More expensive than most of its rivals, the Einstein was popular with contemporary programmers but was commercially unsuccessful.
A later, revised version, called the Tatung Einstein 256 suffered a similar fate.
The machine was physically large, with an option for one or two built-in three-inch floppy disk drives manufactured by Hitachi. At the time, most home computers used ordinary tape recorders for storage. Another unusual feature of the Einstein was that on start-up the computer entered a simple machine code monitor, called MOS (Machine Operating System). A variety of software could then be loaded from disk, including a CP/M-compatible operating system called Xtal DOS (pronounced 'Crystal DOS', created by Crystal Computers in Torquay), and a BASIC interpreter (Xtal BASIC).

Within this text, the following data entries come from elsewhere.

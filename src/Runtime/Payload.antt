-- ===== src/Runtime/Payload.antt =====
-- lmrs/runtime_client.py: what is read of a request, and of the answer of vLLM.
use vvz_lmrs.Prelude.{String, Option, none, some, List, [], ◌∷◌, or_else}
use vvz_lmrs.Prelude.Dict.{Dict, lookup, insert, update}
use vvz_lmrs.Prelude.Value.{Value, Items, Fields}
use vvz_lmrs.Manager.Probe.{get, dict_or_empty}

pub record NormalizedRuntimeResult : Type 0 where
  pub assistant_message : Value
  pub usage : Dict Value
  pub status : String
  pub runtime_metadata : Dict Value
  pub telemetry : Dict Value
  pub metadata : Dict Value

-- A value, or None.
abbrev or_null : Option Value → Value
or_null v = or_else v Value.null

-- `dict(value) if isinstance(value, Mapping) else {}`
unfoldable pub entries : Fields → Dict Value
unfolding insert
entries Fields.end = []
entries (Fields.field k v rest) = (k, v) ∷ entries rest

unfoldable pub entries_of : Option Value → Dict Value
unfolding entries dict_or_empty
entries_of v = entries (dict_or_empty v)

-- `_request_value`, of a request whose fields are those of the mapping or of the object
unfoldable pub request_value : Dict Value → List String → Option Value
unfolding lookup
request_value request [] = none
request_value request (name ∷ names) = elim (lookup name request) [
  | none ↦ request_value request names
  | some Value.null ↦ request_value request names
  | some v ↦ some v
]

unfoldable pub chat_message : Option Value → Option Value → Option Value
chat_message (some (Value.text role)) (some Value.null) = none
chat_message (some (Value.text role)) (some content) =
    some (
      Value.dict
        (Fields.field "role" (Value.text role) (Fields.field "content" content Fields.end)))
chat_message _ _ = none

unfoldable pub message_of : Value → Option Value
unfolding chat_message get
message_of (Value.dict item) = chat_message (get "role" item) (get "content" item)
message_of _ = none

unfoldable pub messages_of : Items → Items
unfolding message_of
messages_of Items.nil = Items.nil
messages_of (Items.cons item items) =
    let rest = messages_of items in
    elim (message_of item) [ none ↦ rest | some m ↦ Items.cons m rest ]

unfoldable pub items_in : Option Value → Items
items_in none = Items.nil
items_in (some (Value.list items)) = items
items_in (some raw) = Items.cons raw Items.nil

unfoldable pub chat_messages : Dict Value → Items
unfolding messages_of items_in request_value
chat_messages request = messages_of (items_in (request_value request ("messages" ∷ [])))

-- `choices[0]` of the payload, where it is an object
unfoldable pub first_choice : Option Value → Fields
first_choice (some (Value.list (Items.cons (Value.dict first) _))) = first
first_choice _ = Fields.end

unfoldable pub message_field : Option Value → String → Value
unfolding get
message_field (some (Value.dict message)) key = or_null (get key message)
message_field _ key = Value.null

unfoldable pub normalize_vllm_payload : Fields → String → Value → String → NormalizedRuntimeResult
unfolding first_choice get message_field entries_of
normalize_vllm_payload payload model_name latency_ms base_url =
    let first = first_choice (get "choices" payload) in
    record {
      assistant_message = message_field (get "message" first) "content";
      usage = entries_of (get "usage" payload);
      status = "ok";
      runtime_metadata =
          ("model", or_else (get "model" payload) (Value.text model_name))
          ∷ ("response_id", or_null (get "id" payload))
          ∷ ("finish_reason", or_null (get "finish_reason" first))
          ∷ ("base_url", Value.text base_url)
          ∷ [];
      telemetry = ("latency_ms", latency_ms) ∷ [];
      metadata = ("role", message_field (get "message" first) "role") ∷ [];
    }

unfoldable pub with_request_option : Dict Value → Dict Value → String → Dict Value
unfolding request_value insert
with_request_option request options name = elim (request_value request (name ∷ [])) [
  | none ↦ options
  | some v ↦ insert name v options
]

unfoldable pub vllm_options : Dict Value → Dict Value → Dict Value
unfolding with_request_option request_value update entries_of
vllm_options default_options request =
    let merged = update default_options (entries_of (request_value request ("options" ∷ []))) in
    with_request_option request
      (with_request_option request
        (with_request_option request (with_request_option request merged "max_tokens")
          "temperature")
        "top_p")
      "stop"
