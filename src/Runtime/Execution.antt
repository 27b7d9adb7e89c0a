-- ===== src/Runtime/Execution.antt =====
-- lmrs/runtime_client.py: RuntimeClient._execute_vllm.
use vvz_lmrs.Prelude.{
  String, Bool, false, ◌||◌, Option, none, some, [], ◌∷◌, Result, ok, err, Exception, if◌then◌else◌,
}
use vvz_lmrs.Prelude.Dict.{Dict}
use vvz_lmrs.Prelude.Value.{Value, Items, Fields}
use vvz_lmrs.Commands.{RuntimeFailureSignal, RuntimeReply, has_prefix}
use vvz_lmrs.Runtime.{VllmClient, chat_completion}
use vvz_lmrs.Runtime.Payload.{
  NormalizedRuntimeResult, request_value, chat_messages, normalize_vllm_payload, vllm_options,
}

-- `part in text`
unfoldable pub contains : String → String → Bool
unfolding has_prefix
contains part String.[] = has_prefix part String.[]
contains part (String.◌∷◌ c s) = has_prefix part (String.◌∷◌ c s) || contains part s

-- What the profile's executor returns.
pub data RawResult : Type 0 where
  normal : NormalizedRuntimeResult → RawResult
  signal : RuntimeFailureSignal → RawResult
  mapping : Dict Value → RawResult
  other : Value → RawResult

pub record RuntimeClient : Type 0 where
  pub backend : String
  pub vllm_client : Option VllmClient
  pub default_options : Dict Value

-- What the runtime profile offers: under a name, something to call or something else; `as_mapping`
-- is what a mapping holds.
pub data Member : Type 0 where
  callable : (Dict Value → Result RawResult) → Member
  plain : Member

pub record RuntimeProfile : Type 0 where
  pub attributes : Dict Member
  pub as_mapping : Dict Member

unfoldable pub failure :
    RuntimeClient
    → String
    → String
    → String
    → Bool
    → Dict Value
    → RuntimeReply NormalizedRuntimeResult
failure c request_id reason message retriable metadata = RuntimeReply.failed (record {
  request_id = request_id;
  backend = c.backend;
  reason_code = reason;
  message = message;
  retriable = retriable;
  metadata = metadata;
})

unfoldable pub call_failed :
    RuntimeClient → String → String → VllmClient → Exception → RuntimeReply NormalizedRuntimeResult
unfolding failure contains
call_failed c request_id model_name client raised =
    let unavailable = contains "unavailable" raised.message in
    failure c request_id (if unavailable then "VLLM_UNAVAILABLE" else "RUNTIME_CALL_FAILED")
      raised.message unavailable
      (("exception_type", Value.text raised.type_name)
        ∷ ("base_url", Value.text client.base_url)
        ∷ ("model_name", Value.text model_name)
        ∷ [])

unfoldable pub answered :
    RuntimeClient
    → String
    → String
    → Value
    → VllmClient
    → Result Fields
    → RuntimeReply NormalizedRuntimeResult
unfolding call_failed normalize_vllm_payload
answered c request_id model_name latency_ms client (err raised) =
    call_failed c request_id model_name client raised
answered c request_id model_name latency_ms client (ok payload) =
    RuntimeReply.normalized (normalize_vllm_payload payload model_name latency_ms client.base_url)

-- the call, for a model and messages that are there
unfoldable pub call_vllm :
    RuntimeClient
    → String
    → String
    → Value
    → VllmClient
    → Dict Value
    → Items
    → RuntimeReply NormalizedRuntimeResult
unfolding failure answered chat_completion vllm_options
call_vllm c request_id model_name latency_ms client request Items.nil =
    failure c request_id "RUNTIME_CALL_FAILED" "the admitted request carries no messages" false []
call_vllm c request_id model_name latency_ms client request messages =
    answered c request_id model_name latency_ms client (
      chat_completion client model_name (Value.list messages)
        (vllm_options c.default_options request))

unfoldable pub execute_named :
    RuntimeClient
    → String
    → Value
    → VllmClient
    → Dict Value
    → Option Value
    → RuntimeReply NormalizedRuntimeResult
unfolding failure call_vllm chat_messages
execute_named c request_id latency_ms client request (some (Value.text (String.◌∷◌ h t))) =
    call_vllm c request_id (String.◌∷◌ h t) latency_ms client request (chat_messages request)
execute_named c request_id latency_ms client request _ =
    failure c request_id "RUNTIME_CALL_FAILED" "the admitted request does not name a model" false []

-- `_execute_vllm`; the rounded duration of the call is an argument
unfoldable pub execute_vllm :
    RuntimeClient
    → String
    → Value
    → Option VllmClient
    → Dict Value
    → RuntimeReply NormalizedRuntimeResult
unfolding failure execute_named request_value
execute_vllm c request_id latency_ms none request =
    failure c request_id "RUNTIME_EXECUTOR_UNAVAILABLE" "no vLLM client is configured" false []
execute_vllm c request_id latency_ms (some client) request =
    execute_named c request_id latency_ms client request
      (request_value request ("model_name" ∷ "model" ∷ []))
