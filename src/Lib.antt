-- ===== src/Lib.antt =====
-- Verification of raft-ebpf: the Raft daemon, a consensus node over a log on disk with a key-value
-- store as its state machine, and the eBPF program that watches its packets in the kernel.
--
-- The parts, and the files that model them:
--   raft-common/src/protocol.rs, raft-common/src/state.rs: Common (Common/Protocol, Common/State),
--     the messages, the roles and the persistent state. The crate heapless is the interface
--     Heapless of Common/Bounded: texts and vectors are their contents, and what is over the
--     capacity of a `push` is dropped, as the source drops the results of its pushes.
--   raft/src/state_machine.rs: StateMachine, the record `StateMachine` with `apply`, `get_value`
--     (get), `all_keys` (keys), `snapshot` and `restore`; StateMachine/Semantics has the abstract
--     map that it refines, StateMachine/Replay a store from a snapshot and the log, and
--     StateMachine/Messages has `get_messages`, with serde_json on values as the interface Values.
--   raft/src/log.rs: RaftLog, the record `RaftLog` with one function for each method. Its files are
--     the record `Disk` of RaftLog/Files: the text of state.json, the lines of log.jsonl and of the
--     temporary file, and the outcomes of the next calls of the file system, each of which may
--     fail. An open handle is `linked` to the name or not, since `rename` leaves an open handle at
--     the old file. RaftLog/Format has the disk form of an entry and serde_json as the interface
--     Json. `IsDurable` of RaftLog/Recovery relates memory and files, `IsContiguous` of
--     RaftLog/Contiguous says that the entries are numbered from 1 to the last index.
--   raft/src/node.rs: Node, the record `RaftNode` of Node/State and the handlers by what they
--     answer: Node/Follow (handle_append_entries), Node/Commit (try_advance_commit_index,
--     notify_pending_requests, handle_append_entries_response), Node/Vote (handle_request_vote),
--     Node/Elect (start_election, become_leader, handle_request_vote_response), Node/Heartbeat
--     (send_heartbeats), Node/Apply (apply_committed_entries), Node/Client (propose, the
--     membership and the reads) and Node/Dispatch (handle_message). Node/Locks has the locks that
--     get_status and apply_committed_entries take, in order, and tasks that take turns.
--   raft/src/network.rs: Network. Network/Framing has encode_message and decode_message, with
--     serde_json on envelopes as the interface Wire; Network/Connection has handle_connection, over
--     the reads that a stream gives; Network/Peers has the record `NetworkManager` and send_message,
--     and Network/Outgoing the loop of `run` over the messages of the channel.
--     Bytes are numbers.
--   raft/src/ipc.rs: Ipc. Ipc/Requests has `process_request`, with what arrives on the reply
--     channel of a proposal as an argument, and Ipc/Connection has `handle_ipc_connection`, over
--     the lines that a client writes, with serde_json on requests as the interface IpcWire. The
--     interface Texts has the bytes of a text, the decimal text of a number and the JSON text of a
--     message.
--   raft/src/config.rs: Daemon/Config, the structs with their defaults and `load`. The crate toml is
--     the interface Toml, which gives the keys that a file has.
--   raft/src/node.rs (RaftNode::new and the reads of the timers) and raft/src/main.rs (the start
--     and the two timer tasks): Daemon/Start has `new_node`, over the files that a data directory
--     holds, and the crate rand as the interface Rng; Daemon/Boot has the node with its network
--     manager; Daemon/Timers has one round of each timer, run with the time at which its sleep
--     ends. `Sound` of Daemon/Sound is the invariant of a node, Daemon/Safe has a rule for each
--     way to build a handler that keeps it, Daemon/Handlers, Daemon/Storing, Daemon/Committing and
--     Daemon/Requests apply them, and `Reach` of Daemon/Runs is a run: messages, timer rounds,
--     requests and restarts, one after the other. `call_each` of Daemon/Calls is a run without
--     restarts, as a function.
--   raft-ebpf/src/main.rs, raft-common/src/maps.rs: Ebpf. Ebpf/Kernel has the interfaces of the
--     kernel's hash maps and of the headers (the crates aya-ebpf and network-types), Ebpf/Classify
--     the classifier, Ebpf/Verdict what the bytes of a frame ask for, read as the protocols lay them
--     out, and Ebpf/Runs a sequence of packets.
--   raft-cli/src: Cli. Cli/Client has the client of the daemon's socket, Cli/Commands and
--     Cli/Messages the commands, and Cli/Main the match that runs them. What the socket reaches is
--     the interface Socket, serde_json is JsonValue and CliWire, and what is printed is the list of
--     lines of a `Terminal`. Cli/Joined fills Socket with the daemon's own connection.
--
-- How they interact: a handler of the node locks the log's mutex, reads and changes the log, the
-- roles and the progress of the peers, sends messages to the channel of the network, and applies
-- committed entries to the state machine. A method is a function from a state to a result and a
-- state; the result is a value, an error of `?`, or `blocked` where the task waits for ever.
--
-- Numbers are natural numbers; `+ 1` on a u64 is `next_u64`, which wraps. The loop of
-- apply_committed_entries has `commit_index - last_applied` as its fuel, the number of its rounds.
-- The loop over the indices to commit recurses on the number of indices above the commit index.
-- The loop over a buffer has the buffer's length as its fuel: each round takes four bytes at least
-- (Network/Frames).
--
-- Not modelled: what other tasks do between the awaits of a handler (each handler runs from its
-- call to its return, and a restart comes between two calls) but for the locks of Node/Locks, the
-- bounds of the channels, log output, the arguments and the spawning of tasks in
-- raft/src/main.rs, the accept loops of raft/src/network.rs and raft/src/ipc.rs, the loader
-- raft/src/ebpf.rs, which only calls the crate aya, the verifier and the helpers of the kernel,
-- the arguments of the tool (the crate clap), and the sleep of its `watch`, whose loop runs for a
-- given number of rounds.
pub mod Prelude
pub mod HashMap
pub mod Common
pub mod StateMachine
pub mod RaftLog
pub mod Node
pub mod Cli
pub mod Daemon
pub mod Ebpf
pub mod Ipc
pub mod Network
pub mod Tests
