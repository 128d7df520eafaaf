-- ===== src/Cli.antt =====
-- raft-cli/src: the command line tool, its client of the daemon's socket and its commands.
pub mod Client
pub mod Commands
pub mod Messages
pub mod Fresh
pub mod Watching
pub mod Clock
pub mod Main
pub mod Joined
pub mod Reaching
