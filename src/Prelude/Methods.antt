-- ===== src/Prelude/Methods.antt =====
-- Methods that change a state, may return an error early (`?`), and may wait for a lock for ever.
-- What was written before an error stays written, so the state comes back beside every result.
use mathlib.Core.Path.{◌≡◌}
use mathlib.Core.Option.{Option, none, some}

-- the kinds of errors that the source can produce
pub data Error : Type 0 where
  io json toml closed bad_usage : Error
  message_too_short incomplete_message : Error
  -- the `()` of the classifier
  unit_error : Error

pub data Result {ℓ} (A : Type ℓ) : Type ℓ where
  ok : A → Result A
  err : Error → Result A
  -- an `.await` that never completes
  blocked : Result A

abbrev pub Exec {ℓ κ} : Type ℓ → Type κ → Type (ℓ ⊔ κ)
Exec S A = S → Result A × S

module _ {ℓ κ} {S : Type ℓ} {A : Type κ} where
  abbrev pub pure : A → Exec S A
  pure a s = (ok a, s)

  abbrev pub throw : Error → Exec S A
  throw e s = (err e, s)

  abbrev pub gets : (S → A) → Exec S A
  gets f s = (ok (f s), s)

  abbrev pub or_throw : Option A → Error → Exec S A
  or_throw none e s = (err e, s)
  or_throw (some a) e s = (ok a, s)

abbrev pub modify {ℓ} : {S : Type ℓ} → (S → S) → Exec S (Unit {0})
modify f s = (ok tt, f s)

module _ {ℓ κ μ} {S : Type ℓ} {A : Type κ} {B : Type μ} where
  abbrev pub continue : Result A → (A → Exec S B) → Exec S B
  continue (ok a) f s = f a s
  continue (err e) f s = (err e, s)
  continue blocked f s = (blocked, s)

  infixl 5 ◌>>=◌ ◌>>◌
  abbrev pub ◌>>=◌ : Exec S A → (A → Exec S B) → Exec S B
  ◌>>=◌ m f s = let (r, s') = m s in continue r f s'

  abbrev pub ◌>>◌ : Exec S A → Exec S B → Exec S B
  m >> k = m >>= λ _. k

  -- One step of a block that has gone on.
  pub bind_ok :
      (m : Exec S A) (f : A → Exec S B) {s t : S} {a : A} → m s ≡ (ok a, t) → (m >>= f) s ≡ f a t
  bind_ok m f e = rw e

  pub bind_err :
      (m : Exec S A) (f : A → Exec S B) {s t : S} {x : Error}
      → m s ≡ (err x, t)
      → (m >>= f) s ≡ (err x, t)
  bind_err m f e = rw e
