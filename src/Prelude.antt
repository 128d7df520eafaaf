-- ===== src/Prelude.antt =====
-- The names that the other modules share: those of the libraries, passed on, the tests on numbers,
-- lists over the native numbers, equality of keys, and results with state.
mod Tests
mod Lists
mod Equality
mod Methods
pub mod Keeps
pub use Tests.*
pub use Lists.*
pub use Equality.*
pub use Methods.*
pub use Prim.Native.Nat.{ℕ, zero, suc, ◌+◌, ◌-◌, ◌*◌, ◌/◌, ◌%◌, ◌^◌, ◌≤◌, ◌<◌, min, max}
pub use Prim.Native.String.{String, len, ◌++◌ as ◌+++◌}
pub use mathlib.Core.Path.{◌≡◌, refl, sym, ap, ◌∙◌}
pub use mathlib.Core.Logic.{◌≢◌, ◌↔◌, ◌⊎◌, inl, inr}
pub use text.Mathlib.TextEquality.{eq_iff}
pub use mathlib.Core.Bool.{Bool, true, false, not, ◌&&◌, ◌||◌}
pub use mathlib.Core.Option.{Option, none, some}
pub use mathlib.Core.List.{List, [], ◌∷◌, ◌++◌, map}
pub use native.Mathlib.Omega.{arith}
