-- ===== src/Cli/Client.antt =====
-- raft-cli/src/commands/client.rs, with the request and response types of
-- raft-cli/src/commands/mod.rs. The socket, serde_json and the display of values are interfaces.
use raft_ebpf.Prelude.{
  ℕ, String, ◌+++◌, text_eq, ◌==◌, Bool, Option, List, [], ◌∷◌, ◌++◌, io, json, closed, ok, err,
  Exec, throw, or_throw, modify, ◌>>=◌, if◌then◌else◌,
}

-- the tool's own `IpcRequest`
pub data CliRequest : Type 0 where
  ask_join : String → String → CliRequest
  ask_leave : String → CliRequest
  ask_status : CliRequest
  ask_propose : String → Option String → CliRequest
  ask_get : String → CliRequest
  ask_send : String → CliRequest
  ask_messages : Option ℕ → Option ℕ → CliRequest

-- `serde_json::Value`: a field of an object, the value as a text, a number or an array, and `{:?}`
pub record JsonValue : Type 1 where
  pub Value : Type 0
  pub get : Value → String → Option Value
  pub as_str : Value → Option String
  pub as_u64 : Value → Option ℕ
  pub as_array : Value → Option (List Value)
  pub is_null : Value → Bool
  pub debug : List Value → String

module _ ⦃v : JsonValue⦄ where
  -- the tool's own `IpcResponse`
  pub record CliResponse : Type 0 where
    pub success : Bool
    pub message : String
    -- the source's field `data`
    pub response_data : Option v.Value

-- The world that the socket reaches: `connect` to a path, and a line written with the line that is
-- then read, which is empty where the server has closed.
pub record Socket (W : Type 0) : Type 0 where
  pub connect : String → W → Bool × W
  pub exchange : String → W → Option String × W

-- `serde_json::to_string` on requests and `from_str` on responses
pub record CliWire ⦃v : JsonValue⦄ : Type 0 where
  pub to_string : CliRequest → Option String
  pub from_str : String → Option CliResponse

-- a line that is printed, to the standard output or as an error
pub data Line : Type 0 where
  out : String → Line
  error : String → Line

pub record Terminal (W : Type 0) : Type 0 where
  pub world : W
  -- the oldest first
  pub printed : List Line

abbrev pub Console : Type 0 → Type 0 → Type 0
Console W A = Exec (Terminal W) A

module _ {W : Type 0} where
  abbrev pub print : Line → Console W (Unit {0})
  print l = modify (λ t. record t { printed = t.printed ++ l ∷ [] })

  abbrev pub println : String → Console W (Unit {0})
  println s = print (out s)

  abbrev pub eprintln : String → Console W (Unit {0})
  eprintln s = print (error s)

module _ {W : Type 0} ⦃s : Socket W⦄ where
  -- `IpcClient::connect`
  unfoldable pub connect : String → Console W (Unit {0})
  connect node_id t =
      let (opened, w) = s.connect ("/tmp/raft-" +++ node_id +++ ".sock") t.world in
      (if opened then ok tt else err io, record t { world = w })

  abbrev pub exchange : String → Console W (Option String)
  exchange text t = let (read, w) = s.exchange text t.world in (ok read, record t { world = w })

  module _ ⦃v : JsonValue⦄ ⦃x : CliWire⦄ where
    abbrev pub parse_answer : String → Console W CliResponse
    parse_answer line = if line == "" then throw closed else or_throw (x.from_str line) json

    -- `IpcClient::send_request`
    unfoldable pub send_request : CliRequest → Console W CliResponse
    send_request request = do
      request_str ← or_throw (x.to_string request) json
      read ← exchange (request_str +++ "\n")
      line ← or_throw read io
      parse_answer line
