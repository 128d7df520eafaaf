-- ===== src/Common/Bounded.antt =====
-- The crate `heapless`, which is not part of the repository, as an interface. The source always
-- discards the result of a push (`let _ = …`), so a push is a function to the new contents.
use raft_ebpf.Prelude.{
  ℕ, ◌+◌, ◌≤◌, ◌<◌, String, len, ◌+++◌, ◌≡◌, sym, ◌∙◌, List, [], ◌∷◌, ◌++◌, length, length-append,
  arith,
}
use mathlib.Core.List.{append_assoc, append-nil}
use text.Mathlib.TextLemmas.{nil-append}

pub record Heapless : Type 0 where
  -- `String<N>::push_str` on contents
  pub push_str : ℕ → String → String → String
  pub push_str_fits : (n : ℕ) (s t : String) → len s + len t ≤ n → push_str n s t ≡ s +++ t
  pub push_str_full : (n : ℕ) (s t : String) → n < len s + len t → push_str n s t ≡ s
  -- `Vec<u8, N>::push` on contents
  pub push : ℕ → List ℕ → ℕ → List ℕ
  pub push_fits : (n : ℕ) (v : List ℕ) (b : ℕ) → length v < n → push n v b ≡ v ++ b ∷ []
  pub push_full : (n : ℕ) (v : List ℕ) (b : ℕ) → n ≤ length v → push n v b ≡ v

module _ ⦃h : Heapless⦄ where
  -- `let mut hs = heapless::String::new(); let _ = hs.push_str(s);`
  abbrev pub string_of : ℕ → String → String
  string_of n s = h.push_str n "" s

  -- `for b in value { let _ = value_vec.push(b); }`
  abbrev pub push_all : ℕ → List ℕ → List ℕ → List ℕ
  push_all n v [] = v
  push_all n v (b ∷ bs) = push_all n (h.push n v b) bs

  abbrev pub vec_of : ℕ → List ℕ → List ℕ
  vec_of n bs = push_all n [] bs

  -- A text within the capacity is kept as it is.
  pub string_of_fits : (n : ℕ) (s : String) → len s ≤ n → string_of n s ≡ s
  string_of_fits n s fits = h.push_str_fits n "" s (omega arith) ∙ nil-append s

  push_all_fits : (n : ℕ) (v bs : List ℕ) → length v + length bs ≤ n → push_all n v bs ≡ v ++ bs
  push_all_fits n v [] fits = sym (append-nil v)
  push_all_fits n v (b ∷ bs) fits = rw (h.push_fits n v b (omega arith)) (
      push_all_fits n (v ++ b ∷ []) bs (omega (arith, length-append v (b ∷ [])))
      ∙ append_assoc v (b ∷ []) bs)

  -- Bytes within the capacity are kept as they are.
  pub vec_of_fits : (n : ℕ) (bs : List ℕ) → length bs ≤ n → vec_of n bs ≡ bs
  vec_of_fits n bs fits = push_all_fits n [] bs (omega arith)
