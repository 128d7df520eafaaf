-- ===== src/Common/Protocol.antt =====
-- raft-common/src/protocol.rs: log entries, commands and the messages between nodes.
use raft_ebpf.Prelude.{ℕ, String, Bool, Option, List}
use raft_ebpf.Common.Bounded.{Heapless, string_of}

-- `heapless::String<256>` is its text, `heapless::Vec<u8, 1024>` its bytes
pub data Command : Type 0 where
  put : String → List ℕ → Command
  delete : String → Command
  noop : Command

pub record LogEntry : Type 0 where
  pub index : ℕ
  pub term : ℕ
  pub command : Command

pub record AppendEntriesRequest : Type 0 where
  pub term : ℕ
  pub leader_id : String
  pub prev_log_index : ℕ
  pub prev_log_term : ℕ
  pub entries : List LogEntry
  pub leader_commit : ℕ

pub record AppendEntriesResponse : Type 0 where
  pub term : ℕ
  pub success : Bool
  pub last_log_index : ℕ
  pub node_id : String

pub record RequestVoteRequest : Type 0 where
  pub term : ℕ
  pub candidate_id : String
  pub last_log_index : ℕ
  pub last_log_term : ℕ

pub record RequestVoteResponse : Type 0 where
  pub term : ℕ
  pub vote_granted : Bool
  pub node_id : String

pub record ClientRequest : Type 0 where
  pub request_id : ℕ
  pub command : Command

pub record ClientResponse : Type 0 where
  pub success : Bool
  pub request_id : ℕ
  -- the source's field `data`
  pub result_data : Option (List ℕ)
  pub error : Option String
  pub leader_id : Option String

pub data RaftMessage : Type 0 where
  append_entries : AppendEntriesRequest → RaftMessage
  append_entries_response : AppendEntriesResponse → RaftMessage
  request_vote : RequestVoteRequest → RaftMessage
  request_vote_response : RequestVoteResponse → RaftMessage
  client_request : ClientRequest → RaftMessage
  client_response : ClientResponse → RaftMessage

pub record MessageEnvelope : Type 0 where
  pub from : String
  pub to : String
  pub message : RaftMessage

-- `MessageEnvelope::new`
abbrev pub new_envelope : ⦃h : Heapless⦄ → String → String → RaftMessage → MessageEnvelope
new_envelope from to message = record {
  from = string_of 64 from;
  to = string_of 64 to;
  message = message;
}
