-- ===== src/Common/State.antt =====
-- raft-common/src/state.rs: roles, the persistent state and the peers.
use raft_ebpf.Prelude.{ℕ, String, Bool, true, false, Option, none}
use raft_ebpf.Common.Bounded.{Heapless, string_of}

pub data NodeRole : Type 0 where
  follower candidate leader : NodeRole

-- the derived `PartialEq`
abbrev pub same_role : NodeRole → NodeRole → Bool
same_role follower follower = true
same_role candidate candidate = true
same_role leader leader = true
same_role _ _ = false

pub record PersistentState : Type 0 where
  pub current_term : ℕ
  pub voted_for : Option String

-- `PersistentState::default`
abbrev pub default_state : PersistentState
default_state = record { current_term = 0; voted_for = none }

pub record PeerInfo : Type 0 where
  pub id : String
  pub address : String

-- `PeerInfo::new`
abbrev pub new_peer : ⦃h : Heapless⦄ → String → String → PeerInfo
new_peer id address = record { id = string_of 64 id; address = string_of 64 address }
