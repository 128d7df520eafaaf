-- ===== src/Common.antt =====
-- raft-common/src: the messages, the states and the bounded strings that every part shares.
mod Bounded
mod Protocol
mod State
pub use Bounded.*
pub use Protocol.*
pub use State.*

Thanks to the reliability of the machine, and ample memory, the machine proved useful by many software houses to use for programming, and then porting the code to the machines they were made for, namely the Spectrum 48k, Amstrad CPC, and Commodore 64. Eventually, it was superseded by the PC and Atari ST as the development systems of choice.
The follow on machine, the Einstein256, basically was the same as the original, with improved video (Yamaha V9938) and a more slimline black case.
- CPU: Zilog Z80A @ 4 MHz
- 64K RAM
- 8K to 32K ROM
- Z84C30 CTC
- Z84C20 PIO
- intel 8251 SIO
- 1770 FDC Floppy disk Controllers
- Z80 'Tube' bus/interface
- Analogue joystick Ports
- RAM: 64 KB system RAM; 16 KB video RAM
- Video: Texas Instruments TMS9129 16 colours, 32 sprite planes
- Audio: AY-3-8910 (Also Reads keyboard Matrix)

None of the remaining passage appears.